Das bedeutet, wir wollen Filme, die so schlecht sind, dass man auch über sie lachen kann, die ungeplant mit Herzblut an die Wand gefahren wurden. Diese wirklich guten Scheiß-Filme zu finden, das ist eine echte Arbeit. Dafür kaufe und streame ich potenzielle Kandidaten seit Jahren wie ein Irrer. 

Ich habe jetzt schon eine Liste von rund 150 Titeln, die sofort #SchleFaZ-tauglich wären. Diese gebe ich an den Sender weiter, der dann nach den Lizenzgebern sucht und schaut, welche Rechte wir bekommen können. Auch wenn wir manchmal denken, dass die Auswahl endlich ist, weiß ich inzwischen: Selbst die tiefsten Klärgruben haben unten noch ein Loch. Man kann immer weiterbuddeln, wenn man sich traut.

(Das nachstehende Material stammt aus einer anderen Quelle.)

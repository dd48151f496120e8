-- ===== src/PoolPolicy/Table.antt =====
-- PoolPolicyArray of src/poolpolicy-template_impl.h, in its order and without the names, and the
-- search by type.
use rsplib.Base.{ℕ, List, [], ◌∷◌, Option, none, some, ◌==◌, if◌then◌else◌}
use rsplib.PolicySettings.{
  ppt_leastused, ppt_leastused_degradation, ppt_leastused_degradation_dpf, ppt_leastused_dpf,
  ppt_priority, ppt_priority_leastused, ppt_priority_leastused_degradation,
  ppt_priority_leastused_degradation_dpf, ppt_priority_leastused_dpf, ppt_random,
  ppt_randomized_leastused, ppt_randomized_leastused_degradation, ppt_randomized_priority_leastused,
  ppt_randomized_priority_leastused_degradation, ppt_roundrobin, ppt_weighted_random,
  ppt_weighted_random_dpf, ppt_weighted_roundrobin,
}
use rsplib.PoolPolicy.{PoolPolicy, by_sorting_order, by_value_tree}
use rsplib.PoolPolicy.Compare.{
  round_robin_comparison, weighted_round_robin_comparison, random_comparison,
  weighted_random_comparison, weighted_random_dpf_comparison, priority_comparison,
  least_used_comparison, least_used_degradation_comparison, priority_least_used_comparison,
  priority_least_used_degradation_comparison, randomized_least_used_comparison,
  randomized_least_used_degradation_comparison, randomized_priority_least_used_comparison,
  randomized_priority_least_used_degradation_comparison,
}
use rsplib.PoolPolicy.Update.{
  weighted_round_robin_initialize, weighted_round_robin_update, weighted_round_robin_prepare,
  random_update, weighted_random_update, least_used_degradation_update,
  randomized_least_used_update, randomized_least_used_degradation_update,
  randomized_priority_least_used_update, randomized_priority_least_used_degradation_update,
}
use rsplib.PoolPolicy.Dpf.{
  DoubleArith, least_used_dpf_comparison, priority_least_used_dpf_comparison,
  least_used_degradation_dpf_comparison, priority_least_used_degradation_dpf_comparison,
  weighted_random_dpf_update,
}

module _ (d : DoubleArith) where
  unfoldable pub round_robin : PoolPolicy
  round_robin = record {
    type = ppt_roundrobin;
    default_max_increment = 1;
    comparison = round_robin_comparison;
    selection = by_sorting_order;
    initialize = none;
    update = none;
    prepare = none;
  }

  unfoldable pub weighted_round_robin : PoolPolicy
  weighted_round_robin = record {
    type = ppt_weighted_roundrobin;
    default_max_increment = 1;
    comparison = weighted_round_robin_comparison;
    selection = by_sorting_order;
    initialize = some weighted_round_robin_initialize;
    update = some weighted_round_robin_update;
    prepare = some weighted_round_robin_prepare;
  }

  unfoldable pub random : PoolPolicy
  random = record {
    type = ppt_random;
    default_max_increment = 0;
    comparison = random_comparison;
    selection = by_value_tree;
    initialize = none;
    update = some random_update;
    prepare = none;
  }

  unfoldable pub weighted_random : PoolPolicy
  weighted_random = record {
    type = ppt_weighted_random;
    default_max_increment = 0;
    comparison = weighted_random_comparison;
    selection = by_value_tree;
    initialize = none;
    update = some weighted_random_update;
    prepare = none;
  }

  unfoldable pub weighted_random_dpf : PoolPolicy
  weighted_random_dpf = record {
    type = ppt_weighted_random_dpf;
    default_max_increment = 0;
    comparison = weighted_random_dpf_comparison;
    selection = by_value_tree;
    initialize = none;
    update = some (weighted_random_dpf_update d);
    prepare = none;
  }

  unfoldable pub priority : PoolPolicy
  priority = record {
    type = ppt_priority;
    default_max_increment = 1;
    comparison = priority_comparison;
    selection = by_sorting_order;
    initialize = none;
    update = none;
    prepare = none;
  }

  unfoldable pub least_used : PoolPolicy
  least_used = record {
    type = ppt_leastused;
    default_max_increment = 1;
    comparison = least_used_comparison;
    selection = by_sorting_order;
    initialize = none;
    update = none;
    prepare = none;
  }

  unfoldable pub least_used_dpf : PoolPolicy
  least_used_dpf = record {
    type = ppt_leastused_dpf;
    default_max_increment = 1;
    comparison = least_used_dpf_comparison d;
    selection = by_sorting_order;
    initialize = none;
    update = none;
    prepare = none;
  }

  unfoldable pub priority_least_used_dpf : PoolPolicy
  priority_least_used_dpf = record {
    type = ppt_priority_leastused_dpf;
    default_max_increment = 1;
    comparison = priority_least_used_dpf_comparison d;
    selection = by_sorting_order;
    initialize = none;
    update = none;
    prepare = none;
  }

  unfoldable pub priority_least_used_degradation_dpf : PoolPolicy
  priority_least_used_degradation_dpf = record {
    type = ppt_priority_leastused_degradation_dpf;
    default_max_increment = 1;
    comparison = priority_least_used_degradation_dpf_comparison d;
    selection = by_sorting_order;
    initialize = none;
    update = some least_used_degradation_update;
    prepare = none;
  }

  unfoldable pub least_used_degradation : PoolPolicy
  least_used_degradation = record {
    type = ppt_leastused_degradation;
    default_max_increment = 1;
    comparison = least_used_degradation_comparison;
    selection = by_sorting_order;
    initialize = none;
    update = some least_used_degradation_update;
    prepare = none;
  }

  unfoldable pub least_used_degradation_dpf : PoolPolicy
  least_used_degradation_dpf = record {
    type = ppt_leastused_degradation_dpf;
    default_max_increment = 1;
    comparison = least_used_degradation_dpf_comparison d;
    selection = by_sorting_order;
    initialize = none;
    update = some least_used_degradation_update;
    prepare = none;
  }

  unfoldable pub priority_least_used : PoolPolicy
  priority_least_used = record {
    type = ppt_priority_leastused;
    default_max_increment = 1;
    comparison = priority_least_used_comparison;
    selection = by_sorting_order;
    initialize = none;
    update = none;
    prepare = none;
  }

  unfoldable pub priority_least_used_degradation : PoolPolicy
  priority_least_used_degradation = record {
    type = ppt_priority_leastused_degradation;
    default_max_increment = 1;
    comparison = priority_least_used_degradation_comparison;
    selection = by_sorting_order;
    initialize = none;
    update = some least_used_degradation_update;
    prepare = none;
  }

  unfoldable pub randomized_least_used : PoolPolicy
  randomized_least_used = record {
    type = ppt_randomized_leastused;
    default_max_increment = 1;
    comparison = randomized_least_used_comparison;
    selection = by_value_tree;
    initialize = none;
    update = some randomized_least_used_update;
    prepare = none;
  }

  unfoldable pub randomized_least_used_degradation : PoolPolicy
  randomized_least_used_degradation = record {
    type = ppt_randomized_leastused_degradation;
    default_max_increment = 1;
    comparison = randomized_least_used_degradation_comparison;
    selection = by_value_tree;
    initialize = none;
    update = some randomized_least_used_degradation_update;
    prepare = none;
  }

  unfoldable pub randomized_priority_least_used : PoolPolicy
  randomized_priority_least_used = record {
    type = ppt_randomized_priority_leastused;
    default_max_increment = 1;
    comparison = randomized_priority_least_used_comparison;
    selection = by_value_tree;
    initialize = none;
    update = some randomized_priority_least_used_update;
    prepare = none;
  }

  unfoldable pub randomized_priority_least_used_degradation : PoolPolicy
  randomized_priority_least_used_degradation = record {
    type = ppt_randomized_priority_leastused_degradation;
    default_max_increment = 1;
    comparison = randomized_priority_least_used_degradation_comparison;
    selection = by_value_tree;
    initialize = none;
    update = some randomized_priority_least_used_degradation_update;
    prepare = none;
  }

  unfoldable pub pool_policy_array : List PoolPolicy
  unfolding round_robin weighted_round_robin random weighted_random weighted_random_dpf priority
      least_used least_used_dpf priority_least_used_dpf priority_least_used_degradation_dpf
      least_used_degradation least_used_degradation_dpf priority_least_used
      priority_least_used_degradation randomized_least_used randomized_least_used_degradation
      randomized_priority_least_used randomized_priority_least_used_degradation
  pool_policy_array =
      round_robin ∷ weighted_round_robin ∷ random ∷ weighted_random ∷ weighted_random_dpf ∷ priority
      ∷ least_used ∷ least_used_dpf ∷ priority_least_used_dpf ∷ priority_least_used_degradation_dpf
      ∷ least_used_degradation ∷ least_used_degradation_dpf ∷ priority_least_used
      ∷ priority_least_used_degradation ∷ randomized_least_used ∷ randomized_least_used_degradation
      ∷ randomized_priority_least_used ∷ randomized_priority_least_used_degradation ∷ []

-- poolPolicyGetPoolPolicyByType
unfoldable pub get_pool_policy_by_type : List PoolPolicy → ℕ → Option PoolPolicy
get_pool_policy_by_type [] t = none
get_pool_policy_by_type (p ∷ ps) t = if p.type == t then some p else get_pool_policy_by_type ps t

ZUR PERSON: Bei der Berufsberatung haben sie Oliver Kalkofe (58) gesagt, er solle Schifffahrtskaufmann werden. Über Umwege wurde der gebürtige Niedersachse dann doch lieber TV-Kritiker. Seine Parodien von TV-Müll - entwickelt für Radio ffn, später zu sehen unter anderem auf Premiere - haben ihm eine Riesen-Fangemeinde beschert. Auch als Drehbuchautor (er schrieb mit am Kinofilm «Der Wixxer») und Synchronsprecher ist Kalkofe erfolgreich. Er lebt in Berlin.